:: Record set ::
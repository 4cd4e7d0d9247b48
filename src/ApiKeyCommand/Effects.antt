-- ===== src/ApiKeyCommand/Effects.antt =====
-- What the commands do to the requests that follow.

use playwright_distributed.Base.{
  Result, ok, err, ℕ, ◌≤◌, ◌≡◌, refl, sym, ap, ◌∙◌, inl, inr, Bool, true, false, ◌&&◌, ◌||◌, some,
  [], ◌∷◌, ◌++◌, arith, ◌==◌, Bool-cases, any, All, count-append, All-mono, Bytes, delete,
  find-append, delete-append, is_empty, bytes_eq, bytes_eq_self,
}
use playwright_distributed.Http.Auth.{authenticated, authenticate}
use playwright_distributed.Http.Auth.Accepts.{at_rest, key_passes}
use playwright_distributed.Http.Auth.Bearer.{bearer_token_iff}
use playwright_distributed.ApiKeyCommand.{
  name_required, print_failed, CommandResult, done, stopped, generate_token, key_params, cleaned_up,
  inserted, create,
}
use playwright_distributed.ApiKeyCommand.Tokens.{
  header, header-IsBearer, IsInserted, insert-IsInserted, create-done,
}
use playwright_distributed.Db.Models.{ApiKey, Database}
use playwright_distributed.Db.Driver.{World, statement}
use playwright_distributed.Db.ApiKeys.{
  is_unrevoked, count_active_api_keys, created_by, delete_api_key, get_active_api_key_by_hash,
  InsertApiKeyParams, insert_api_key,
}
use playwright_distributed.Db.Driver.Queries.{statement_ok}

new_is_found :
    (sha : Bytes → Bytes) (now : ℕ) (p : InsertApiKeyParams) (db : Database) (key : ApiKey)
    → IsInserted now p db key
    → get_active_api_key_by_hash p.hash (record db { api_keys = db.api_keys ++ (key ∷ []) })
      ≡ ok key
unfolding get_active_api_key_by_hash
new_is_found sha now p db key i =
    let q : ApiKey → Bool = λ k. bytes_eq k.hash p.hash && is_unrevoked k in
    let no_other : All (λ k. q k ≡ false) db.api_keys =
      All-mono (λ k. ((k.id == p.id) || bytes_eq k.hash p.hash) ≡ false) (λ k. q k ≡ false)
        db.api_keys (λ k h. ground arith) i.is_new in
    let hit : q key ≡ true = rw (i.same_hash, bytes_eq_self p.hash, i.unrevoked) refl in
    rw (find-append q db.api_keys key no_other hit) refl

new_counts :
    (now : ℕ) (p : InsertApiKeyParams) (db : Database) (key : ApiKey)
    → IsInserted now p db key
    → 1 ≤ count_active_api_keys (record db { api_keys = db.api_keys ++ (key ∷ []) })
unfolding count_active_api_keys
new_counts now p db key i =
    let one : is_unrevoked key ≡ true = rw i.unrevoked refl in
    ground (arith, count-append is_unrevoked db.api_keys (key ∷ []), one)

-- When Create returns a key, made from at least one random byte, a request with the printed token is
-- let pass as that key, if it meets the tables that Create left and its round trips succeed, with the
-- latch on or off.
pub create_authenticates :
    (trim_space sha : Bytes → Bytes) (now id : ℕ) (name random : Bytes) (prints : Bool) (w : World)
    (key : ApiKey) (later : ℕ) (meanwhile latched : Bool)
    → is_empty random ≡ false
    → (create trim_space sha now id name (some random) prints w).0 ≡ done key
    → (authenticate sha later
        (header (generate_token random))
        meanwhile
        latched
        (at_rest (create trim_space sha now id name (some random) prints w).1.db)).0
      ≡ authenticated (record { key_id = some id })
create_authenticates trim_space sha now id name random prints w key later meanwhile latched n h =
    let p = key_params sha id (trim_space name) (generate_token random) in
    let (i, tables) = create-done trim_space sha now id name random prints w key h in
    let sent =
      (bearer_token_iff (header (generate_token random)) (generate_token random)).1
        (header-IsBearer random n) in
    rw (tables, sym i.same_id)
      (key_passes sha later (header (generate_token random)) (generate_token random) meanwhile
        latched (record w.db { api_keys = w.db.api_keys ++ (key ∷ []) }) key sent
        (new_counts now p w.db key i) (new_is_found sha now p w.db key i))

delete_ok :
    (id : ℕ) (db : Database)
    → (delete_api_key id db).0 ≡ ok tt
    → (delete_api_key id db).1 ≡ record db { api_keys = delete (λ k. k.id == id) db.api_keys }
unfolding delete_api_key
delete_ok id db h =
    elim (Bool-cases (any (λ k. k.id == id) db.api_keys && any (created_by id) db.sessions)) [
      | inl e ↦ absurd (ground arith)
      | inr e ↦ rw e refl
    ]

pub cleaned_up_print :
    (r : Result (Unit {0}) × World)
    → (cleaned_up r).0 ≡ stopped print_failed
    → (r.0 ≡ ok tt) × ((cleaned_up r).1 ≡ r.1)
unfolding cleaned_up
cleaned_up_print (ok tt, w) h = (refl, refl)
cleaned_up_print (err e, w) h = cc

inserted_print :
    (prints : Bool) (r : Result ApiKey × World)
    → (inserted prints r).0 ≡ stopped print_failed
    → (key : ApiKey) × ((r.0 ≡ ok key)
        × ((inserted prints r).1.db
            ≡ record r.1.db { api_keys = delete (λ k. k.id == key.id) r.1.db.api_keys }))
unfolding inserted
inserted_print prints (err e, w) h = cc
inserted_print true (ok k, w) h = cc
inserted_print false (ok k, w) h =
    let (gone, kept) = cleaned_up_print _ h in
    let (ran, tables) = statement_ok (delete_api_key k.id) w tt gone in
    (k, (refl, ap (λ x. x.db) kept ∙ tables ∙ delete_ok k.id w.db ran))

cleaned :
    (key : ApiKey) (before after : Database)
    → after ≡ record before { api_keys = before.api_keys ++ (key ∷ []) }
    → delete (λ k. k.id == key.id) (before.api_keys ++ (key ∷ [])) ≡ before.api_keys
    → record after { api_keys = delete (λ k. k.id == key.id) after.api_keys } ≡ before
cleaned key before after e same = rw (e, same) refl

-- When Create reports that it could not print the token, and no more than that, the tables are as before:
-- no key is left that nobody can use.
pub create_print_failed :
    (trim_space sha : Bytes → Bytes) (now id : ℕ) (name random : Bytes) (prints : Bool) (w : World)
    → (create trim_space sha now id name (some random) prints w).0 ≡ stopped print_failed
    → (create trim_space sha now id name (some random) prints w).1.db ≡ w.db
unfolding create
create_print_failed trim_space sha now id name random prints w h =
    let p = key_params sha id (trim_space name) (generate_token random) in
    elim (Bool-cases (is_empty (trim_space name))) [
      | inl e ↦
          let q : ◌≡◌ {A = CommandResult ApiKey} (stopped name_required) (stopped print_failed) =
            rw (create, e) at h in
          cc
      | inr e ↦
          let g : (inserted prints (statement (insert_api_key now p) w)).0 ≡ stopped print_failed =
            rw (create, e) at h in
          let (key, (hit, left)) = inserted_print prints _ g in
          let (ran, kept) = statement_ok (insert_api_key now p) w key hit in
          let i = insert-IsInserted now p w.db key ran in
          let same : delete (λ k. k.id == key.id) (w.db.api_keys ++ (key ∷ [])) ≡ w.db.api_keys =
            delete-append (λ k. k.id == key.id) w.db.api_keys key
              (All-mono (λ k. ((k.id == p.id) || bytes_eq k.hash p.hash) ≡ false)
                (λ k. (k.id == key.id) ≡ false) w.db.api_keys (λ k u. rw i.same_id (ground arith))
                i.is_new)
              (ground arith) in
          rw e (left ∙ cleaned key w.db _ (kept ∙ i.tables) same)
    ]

:: What you will do ::
Word for word, transcribe the entire listing shown above.

:: Task response ::
repository 4cd4e7d0d9247b48
filename src/ApiKeyCommand/Effects.antt
-- ===== src/ApiKeyCommand/Effects.antt =====
-- What the commands do to the requests that follow.

use playwright_distributed.Base.{
  Result, ok, err, ℕ, ◌≤◌, ◌≡◌, refl, sym, ap, ◌∙◌, inl, inr, Bool, true, false, ◌&&◌, ◌||◌, some,
  [], ◌∷◌, ◌++◌, arith, ◌==◌, Bool-cases, any, All, count-append, All-mono, Bytes, delete,
  find-append, delete-append, is_empty, bytes_eq, bytes_eq_self,
}
use playwright_distributed.Http.Auth.{authenticated, authenticate}
use playwright_distributed.Http.Auth.Accepts.{at_rest, key_passes}
use playwright_distributed.Http.Auth.Bearer.{bearer_token_iff}
use playwright_distributed.ApiKeyCommand.{
  name_required, print_failed, CommandResult, done, stopped, generate_token, key_params, cleaned_up,
  inserted, create,
}
use playwright_distributed.ApiKeyCommand.Tokens.{
  header, header-IsBearer, IsInserted, insert-IsInserted, create-done,
}
use playwright_distributed.Db.Models.{ApiKey, Database}
use playwright_distributed.Db.Driver.{World, statement}
use playwright_distributed.Db.ApiKeys.{
  is_unrevoked, count_active_api_keys, created_by, delete_api_key, get_active_api_key_by_hash,
  InsertApiKeyParams, insert_api_key,
}
use playwright_distributed.Db.Driver.Queries.{statement_ok}

new_is_found :
    (sha : Bytes → Bytes) (now : ℕ) (p : InsertApiKeyParams) (db : Database) (key : ApiKey)
    → IsInserted now p db key
    → get_active_api_key_by_hash p.hash (record db { api_keys = db.api_keys ++ (key ∷ []) })
      ≡ ok key
unfolding get_active_api_key_by_hash
new_is_found sha now p db key i =
    let q : ApiKey → Bool = λ k. bytes_eq k.hash p.hash && is_unrevoked k in
    let no_other : All (λ k. q k ≡ false) db.api_keys =
      All-mono (λ k. ((k.id == p.id) || bytes_eq k.hash p.hash) ≡ false) (λ k. q k ≡ false)
        db.api_keys (λ k h. ground arith) i.is_new in
    let hit : q key ≡ true = rw (i.same_hash, bytes_eq_self p.hash, i.unrevoked) refl in
    rw (find-append q db.api_keys key no_other hit) refl

new_counts :
    (now : ℕ) (p : InsertApiKeyParams) (db : Database) (key : ApiKey)
    → IsInserted now p db key
    → 1 ≤ count_active_api_keys (record db { api_keys = db.api_keys ++ (key ∷ []) })
unfolding count_active_api_keys
new_counts now p db key i =
    let one : is_unrevoked key ≡ true = rw i.unrevoked refl in
    ground (arith, count-append is_unrevoked db.api_keys (key ∷ []), one)

-- When Create returns a key, made from at least one random byte, a request with the printed token is
-- let pass as that key, if it meets the tables that Create left and its round trips succeed, with the
-- latch on or off.
pub create_authenticates :
    (trim_space sha : Bytes → Bytes) (now id : ℕ) (name random : Bytes) (prints : Bool) (w : World)
    (key : ApiKey) (later : ℕ) (meanwhile latched : Bool)
    → is_empty random ≡ false
    → (create trim_space sha now id name (some random) prints w).0 ≡ done key
    → (authenticate sha later
        (header (generate_token random))
        meanwhile
        latched
        (at_rest (create trim_space sha now id name (some random) prints w).1.db)).0
      ≡ authenticated (record { key_id = some id })
create_authenticates trim_space sha now id name random prints w key later meanwhile latched n h =
    let p = key_params sha id (trim_space name) (generate_token random) in
    let (i, tables) = create-done trim_space sha now id name random prints w key h in
    let sent =
      (bearer_token_iff (header (generate_token random)) (generate_token random)).1
        (header-IsBearer random n) in
    rw (tables, sym i.same_id)
      (key_passes sha later (header (generate_token random)) (generate_token random) meanwhile
        latched (record w.db { api_keys = w.db.api_keys ++ (key ∷ []) }) key sent
        (new_counts now p w.db key i) (new_is_found sha now p w.db key i))

delete_ok :
    (id : ℕ) (db : Database)
    → (delete_api_key id db).0 ≡ ok tt
    → (delete_api_key id db).1 ≡ record db { api_keys = delete (λ k. k.id == id) db.api_keys }
unfolding delete_api_key
delete_ok id db h =
    elim (Bool-cases (any (λ k. k.id == id) db.api_keys && any (created_by id) db.sessions)) [
      | inl e ↦ absurd (ground arith)
      | inr e ↦ rw e refl
    ]

pub cleaned_up_print :
    (r : Result (Unit {0}) × World)
    → (cleaned_up r).0 ≡ stopped print_failed
    → (r.0 ≡ ok tt) × ((cleaned_up r).1 ≡ r.1)
unfolding cleaned_up
cleaned_up_print (ok tt, w) h = (refl, refl)
cleaned_up_print (err e, w) h = cc

inserted_print :
    (prints : Bool) (r : Result ApiKey × World)
    → (inserted prints r).0 ≡ stopped print_failed
    → (key : ApiKey) × ((r.0 ≡ ok key)
        × ((inserted prints r).1.db
            ≡ record r.1.db { api_keys = delete (λ k. k.id == key.id) r.1.db.api_keys }))
unfolding inserted
inserted_print prints (err e, w) h = cc
inserted_print true (ok k, w) h = cc
inserted_print false (ok k, w) h =
    let (gone, kept) = cleaned_up_print _ h in
    let (ran, tables) = statement_ok (delete_api_key k.id) w tt gone in
    (k, (refl, ap (λ x. x.db) kept ∙ tables ∙ delete_ok k.id w.db ran))

cleaned :
    (key : ApiKey) (before after : Database)
    → after ≡ record before { api_keys = before.api_keys ++ (key ∷ []) }
    → delete (λ k. k.id == key.id) (before.api_keys ++ (key ∷ [])) ≡ before.api_keys
    → record after { api_keys = delete (λ k. k.id == key.id) after.api_keys } ≡ before
cleaned key before after e same = rw (e, same) refl

-- When Create reports that it could not print the token, and no more than that, the tables are as before:
-- no key is left that nobody can use.
pub create_print_failed :
    (trim_space sha : Bytes → Bytes) (now id : ℕ) (name random : Bytes) (prints : Bool) (w : World)
    → (create trim_space sha now id name (some random) prints w).0 ≡ stopped print_failed
    → (create trim_space sha now id name (some random) prints w).1.db ≡ w.db
unfolding create
create_print_failed trim_space sha now id name random prints w h =
    let p = key_params sha id (trim_space name) (generate_token random) in
    elim (Bool-cases (is_empty (trim_space name))) [
      | inl e ↦
          let q : ◌≡◌ {A = CommandResult ApiKey} (stopped name_required) (stopped print_failed) =
            rw (create, e) at h in
          cc
      | inr e ↦
          let g : (inserted prints (statement (insert_api_key now p) w)).0 ≡ stopped print_failed =
            rw (create, e) at h in
          let (key, (hit, left)) = inserted_print prints _ g in
          let (ran, kept) = statement_ok (insert_api_key now p) w key hit in
          let i = insert-IsInserted now p w.db key ran in
          let same : delete (λ k. k.id == key.id) (w.db.api_keys ++ (key ∷ [])) ≡ w.db.api_keys =
            delete-append (λ k. k.id == key.id) w.db.api_keys key
              (All-mono (λ k. ((k.id == p.id) || bytes_eq k.hash p.hash) ≡ false)
                (λ k. (k.id == key.id) ≡ false) w.db.api_keys (λ k u. rw i.same_id (ground arith))
                i.is_new)
              (ground arith) in
          rw e (left ∙ cleaned key w.db _ (kept ∙ i.tables) same)
    ]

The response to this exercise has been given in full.